Why Relay Load Varies
Tor manages bandwidth across the entire network. It does a reasonable job for most relays.
But Tor's goals are different to protocols like BitTorrent.
Tor wants low-latency web pages, which requires fast connections with headroom.
BitTorrent wants bulk downloads, which requires using all the bandwidth.
We're working on a new bandwidth scanner, which is easier to understand and maintain.
It will have diagnostics for relays that don't get measured, and relays that have low measurements.
Why does Tor need bandwidth scanners?
Most providers tell you the maximum speed of your local connection.

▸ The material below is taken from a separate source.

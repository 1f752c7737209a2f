-- ===== src/Client.antt =====
-- video-converter-worker/internal/client: how a worker talks to the master.
pub mod Retry
pub mod Download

But Tor has users all over the world, and our users connect to one or two Guard relays at random.
So we need to know how well each relay can connect to the entire world.

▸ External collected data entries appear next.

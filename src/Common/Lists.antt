-- ===== src/Common/Lists.antt =====
-- Lists measured by native numbers, under the library's names, and predicates over them.
use Prim.Native.Nat.{ℕ, zero, suc, ◌+◌, ◌-◌, ◌≤◌, min}
use mathlib.Core.Path.{◌≡◌, refl, ap, sym, ◌∙◌}
use mathlib.Core.Logic.{inl, inr}
use mathlib.Core.Bool.{Bool, true}
use mathlib.Core.List.{List, [], ◌∷◌, ◌++◌, map}
use native.Mathlib.Omega.{arith}
use dark_stream.Common.Tests.{Bool-cases, if◌then◌else◌}

module _ {ℓ} {A : Type ℓ} where
  abbrev pub length : List A → ℕ
  length [] = 0
  length (x ∷ xs) = suc (length xs)

  abbrev pub take : ℕ → List A → List A
  take zero xs = []
  take (suc n) [] = []
  take (suc n) (x ∷ xs) = x ∷ take n xs

  abbrev pub drop : ℕ → List A → List A
  drop zero xs = xs
  drop (suc n) [] = []
  drop (suc n) (x ∷ xs) = drop n xs

  abbrev pub filter : (A → Bool) → List A → List A
  filter p [] = []
  filter p (x ∷ xs) = let rest = filter p xs in if p x then x ∷ rest else rest

  -- How many entries pass the test.
  abbrev pub count : (A → Bool) → List A → ℕ
  count p [] = 0
  count p (x ∷ xs) = let rest = count p xs in if p x then suc rest else rest

  abbrev pub All {κ} : (A → Type κ) → List A → Type κ
  All P [] = Unit
  All P (x ∷ xs) = P x × All P xs

  pub append_nil : (xs : List A) → xs ++ [] ≡ xs
  append_nil [] = refl
  append_nil (x ∷ xs) = ap (λ r. x ∷ r) (append_nil xs)

  pub length-append : (xs ys : List A) → length (xs ++ ys) ≡ length xs + length ys
  length-append [] ys = omega arith
  length-append (x ∷ xs) ys = omega (arith, length-append xs ys)

  pub length-take : (n : ℕ) (xs : List A) → length (take n xs) ≡ min n (length xs)
  length-take zero xs = omega arith
  length-take (suc n) [] = omega arith
  length-take (suc n) (x ∷ xs) = omega (arith, length-take n xs)

  pub length-drop : (n : ℕ) (xs : List A) → length (drop n xs) ≡ length xs - n
  length-drop zero xs = omega arith
  length-drop (suc n) [] = omega arith
  length-drop (suc n) (x ∷ xs) = omega (arith, length-drop n xs)

  pub take_all : (n : ℕ) (xs : List A) → length xs ≤ n → take n xs ≡ xs
  take_all zero [] h = refl
  take_all zero (x ∷ xs) h = absurd (omega arith)
  take_all (suc n) [] h = refl
  take_all (suc n) (x ∷ xs) h = ap (λ r. x ∷ r) (take_all n xs (omega arith))

  pub take-append-drop : (n : ℕ) (xs : List A) → take n xs ++ drop n xs ≡ xs
  take-append-drop zero xs = refl
  take-append-drop (suc n) [] = refl
  take-append-drop (suc n) (x ∷ xs) = ap (λ r. x ∷ r) (take-append-drop n xs)

  -- Two takes in a row.
  pub take-append-take : (k m : ℕ) (xs : List A) → take k xs ++ take m (drop k xs) ≡ take (k + m) xs
  take-append-take zero m xs = rw zero_add
    where
      zero_add : 0 + m ≡ m
      zero_add = omega arith
  take-append-take (suc k) zero [] = rw (add_suc 0)
    where
      add_suc : (n : ℕ) → suc k + n ≡ suc (k + n)
      add_suc n = omega arith
  take-append-take (suc k) (suc m) [] = rw (add_suc (suc m))
    where
      add_suc : (n : ℕ) → suc k + n ≡ suc (k + n)
      add_suc n = omega arith
  take-append-take (suc k) m (x ∷ xs) =
      ap (λ r. x ∷ r) (take-append-take k m xs) ∙ ap (λ n. take n (x ∷ xs)) (sym add_suc)
    where
      add_suc : suc k + m ≡ suc (k + m)
      add_suc = omega arith

  pub take-length-take : (n : ℕ) (xs : List A) → take (length (take n xs)) xs ≡ take n xs
  take-length-take zero xs = refl
  take-length-take (suc n) [] = refl
  take-length-take (suc n) (x ∷ xs) = ap (λ r. x ∷ r) (take-length-take n xs)

  pub length-filter : (p : A → Bool) (xs : List A) → length (filter p xs) ≡ count p xs
  length-filter p [] = refl
  length-filter p (x ∷ xs) = ground (arith, length-filter p xs)

  pub All-take {κ} : (P : A → Type κ) (n : ℕ) (xs : List A) → All P xs → All P (take n xs)
  All-take P zero xs h = tt
  All-take P (suc n) [] h = tt
  All-take P (suc n) (x ∷ xs) h = (h.0, All-take P n xs h.1)

  pub All-drop {κ} : (P : A → Type κ) (n : ℕ) (xs : List A) → All P xs → All P (drop n xs)
  All-drop P zero xs h = h
  All-drop P (suc n) [] h = tt
  All-drop P (suc n) (x ∷ xs) h = All-drop P n xs h.1

  pub All-map {κ μ} :
      (P : A → Type κ) (Q : A → Type μ)
      → ((a : A) → P a → Q a)
      → (xs : List A) → All P xs
      → All Q xs
  All-map P Q f [] h = tt
  All-map P Q f (x ∷ xs) h = (f x h.0, All-map P Q f xs h.1)

  pub All-append {κ} : (P : A → Type κ) (xs ys : List A) → All P xs → All P ys → All P (xs ++ ys)
  All-append P [] ys h k = k
  All-append P (x ∷ xs) ys h k = (h.0, All-append P xs ys h.1 k)

  -- What passes a filter passes its test.
  pub All-filter : (p : A → Bool) (xs : List A) → All (λ a. p a ≡ true) (filter p xs)
  All-filter p [] = tt
  All-filter p (x ∷ xs) = ground (arith, All-filter p xs)

  pub filter-All {κ} :
      (P : A → Type κ) (p : A → Bool) (xs : List A) → All P xs → All P (filter p xs)
  filter-All P p [] h = tt
  filter-All P p (x ∷ xs) h = ground (arith, filter-All P p xs h.1)

  pub All-filter_inv {κ} :
      (P : A → Type κ) (p : A → Bool) (xs : List A)
      → All P (filter p xs)
      → All (λ a. p a ≡ true → P a) xs
  All-filter_inv P p [] h = tt
  All-filter_inv P p (x ∷ xs) h = elim (Bool-cases (p x)) [
    | inl e ↦ let k : All P (x ∷ filter p xs) = rw e at h in (λ _. k.0, All-filter_inv P p xs k.1)
    | inr e ↦ let k : All P (filter p xs) = rw e at h in (λ t. cc, All-filter_inv P p xs k)
  ]

  pub All-take-drop {κ} :
      (P : A → Type κ) (n : ℕ) (xs : List A) → All P (take n xs) → All P (drop n xs) → All P xs
  All-take-drop P zero xs h k = k
  All-take-drop P (suc n) [] h k = tt
  All-take-drop P (suc n) (x ∷ xs) h k = (h.0, All-take-drop P n xs h.1 k)

module _ {ℓ κ} {A : Type ℓ} (R : A → A → Type κ) where
  All-cons_each :
      (x : A) (xs ys : List A)
      → All (R x) ys
      → All (λ y. All (λ a. R a y) xs) ys
      → All (λ y. All (λ a. R a y) (x ∷ xs)) ys
  All-cons_each x xs [] h k = tt
  All-cons_each x xs (y ∷ ys) h k = ((h.0, k.0), All-cons_each x xs ys h.1 k.1)

  All-none : (ys : List A) → All (λ y. All (λ a. R a y) []) ys
  All-none [] = tt
  All-none (y ∷ ys) = (tt, All-none ys)

  -- Each of one list against each of another, read the other way round.
  pub All-swap : (xs ys : List A) → All (λ a. All (R a) ys) xs → All (λ y. All (λ a. R a y) xs) ys
  All-swap [] ys h = All-none ys
  All-swap (x ∷ xs) ys h = All-cons_each x xs ys h.0 (All-swap xs ys h.1)

module _ {ℓ κ} {A : Type ℓ} {B : Type κ} (f : A → B) where
  pub length-map : (xs : List A) → length (map f xs) ≡ length xs
  length-map [] = refl
  length-map (x ∷ xs) = ap suc (length-map xs)

  -- What holds of the images holds after `map`.
  pub All-map_of {μ} : (Q : B → Type μ) (xs : List A) → All (λ a. Q (f a)) xs → All Q (map f xs)
  All-map_of Q [] h = tt
  All-map_of Q (x ∷ xs) h = (h.0, All-map_of Q xs h.1)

So even if all relay operators set their advertised bandwidth to their local connection speed, we would still need bandwidth authorities to balance the load between different parts of the Internet.

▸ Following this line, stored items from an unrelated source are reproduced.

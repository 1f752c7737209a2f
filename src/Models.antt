-- ===== src/Models.antt =====
-- video-converter-common/models/job.go and constants/constants.go: jobs, heartbeats, progress.
-- Times are nanoseconds since the epoch; the floating-point readings are scaled to whole numbers.
use dark_stream.Common.{ℕ, ℤ, ◌*◌, ◌≡◌, Bool, true, false, String, Option, arith, ◌==◌, ◌↔◌}

-- The job statuses of constants.go, and the tracker's `cancelled`.
pub data Status : Type 0 where
  pending processing completed failed cancelled : Status

-- The text that a status is stored and sent as.
unfoldable pub status_name : Status → String
status_name pending = "pending"
status_name processing = "processing"
status_name completed = "completed"
status_name failed = "failed"
status_name cancelled = "cancelled"

abbrev status_rank : Status → ℕ
status_rank pending = 0
status_rank processing = 1
status_rank completed = 2
status_rank failed = 3
status_rank cancelled = 4

abbrev pub status_eq : Status → Status → Bool
status_eq a b = status_rank a == status_rank b

pub status_eq_iff : (a b : Status) → (status_eq a b ≡ true) ↔ (a ≡ b)
status_eq_iff a b = ground arith

-- The statuses that `PruneJobs` deletes for `all`.
abbrev pub is_terminal : Status → Bool
is_terminal completed = true
is_terminal failed = true
is_terminal cancelled = true
is_terminal _ = false

abbrev pub second : ℕ
second = 1000000000

abbrev pub minute : ℕ
minute = 60 * second

-- What FFprobe reports of the source; the duration in microseconds.
pub record VideoMetadata : Type 0 where
  pub duration : ℕ
  pub width : ℕ
  pub height : ℕ
  pub video_codec : String
  pub audio_codec : String
  pub bitrate : ℕ
  pub file_size : ℕ

pub record Job : Type 0 where
  pub id : String
  pub source_path : String
  pub output_path : String
  pub status : Status
  pub priority : ℕ
  pub worker_id : String
  pub started_at : Option ℕ
  pub completed_at : Option ℕ
  pub error_message : String
  pub retry_count : ℕ
  pub max_retries : ℕ
  pub created_at : ℕ
  pub output_size : ℤ
  pub source_checksum : String
  pub output_checksum : String
  pub metadata : VideoMetadata

abbrev pub worker_status_online : String
worker_status_online = "online"

abbrev pub worker_status_offline : String
worker_status_offline = "offline"

abbrev pub worker_status_paused : String
worker_status_paused = "paused"

-- Usage in hundredths of a percent. The timestamp is the wall clock that the worker sends, in nanoseconds, without its
-- offset from UTC.
pub record WorkerHeartbeat : Type 0 where
  pub worker_id : String
  pub hostname : String
  pub vulkan_available : Bool
  pub active_jobs : ℤ
  pub status : String
  pub timestamp : ℕ
  pub gpu : String
  pub cpu_usage : ℤ
  pub memory_usage : ℤ

-- Progress and frame rate in hundredths.
pub record JobProgress : Type 0 where
  pub job_id : String
  pub worker_id : String
  pub progress : ℤ
  pub fps : ℤ
  pub stage : String
  pub updated_at : ℕ

-- The settings that an administrator gives one worker; times in seconds.
pub record WorkerSettings : Type 0 where
  pub worker_id : String
  pub concurrency : ℤ
  pub heartbeat_interval : ℤ
  pub job_check_interval : ℤ
  pub job_timeout : ℤ
  pub max_api_requests_per_min : ℤ
  pub download_timeout : ℤ
  pub upload_timeout : ℤ
  pub max_cache_size : ℤ
  pub cache_cleanup_age : ℤ
  pub bandwidth_limit : ℤ
  pub enable_resume_download : Bool
  pub use_vulkan : Bool
  pub ffmpeg_timeout : ℤ
  pub log_level : String
  pub log_format : String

What is a normal relay load?
It's normal for most relays to be loaded at 30%-80% of their capacity.
This is good for clients: an overloaded relay has high latency.
(We want enough relays to so that each relay is loaded at 10%. Then Tor would be almost as fast as the wider Internet).
Sometimes, a relay is slow because its processor is slow or its connections are limited.
Other times, it is the network that is slow: the relay has bad peering to most other tor relays, or is a long distance away.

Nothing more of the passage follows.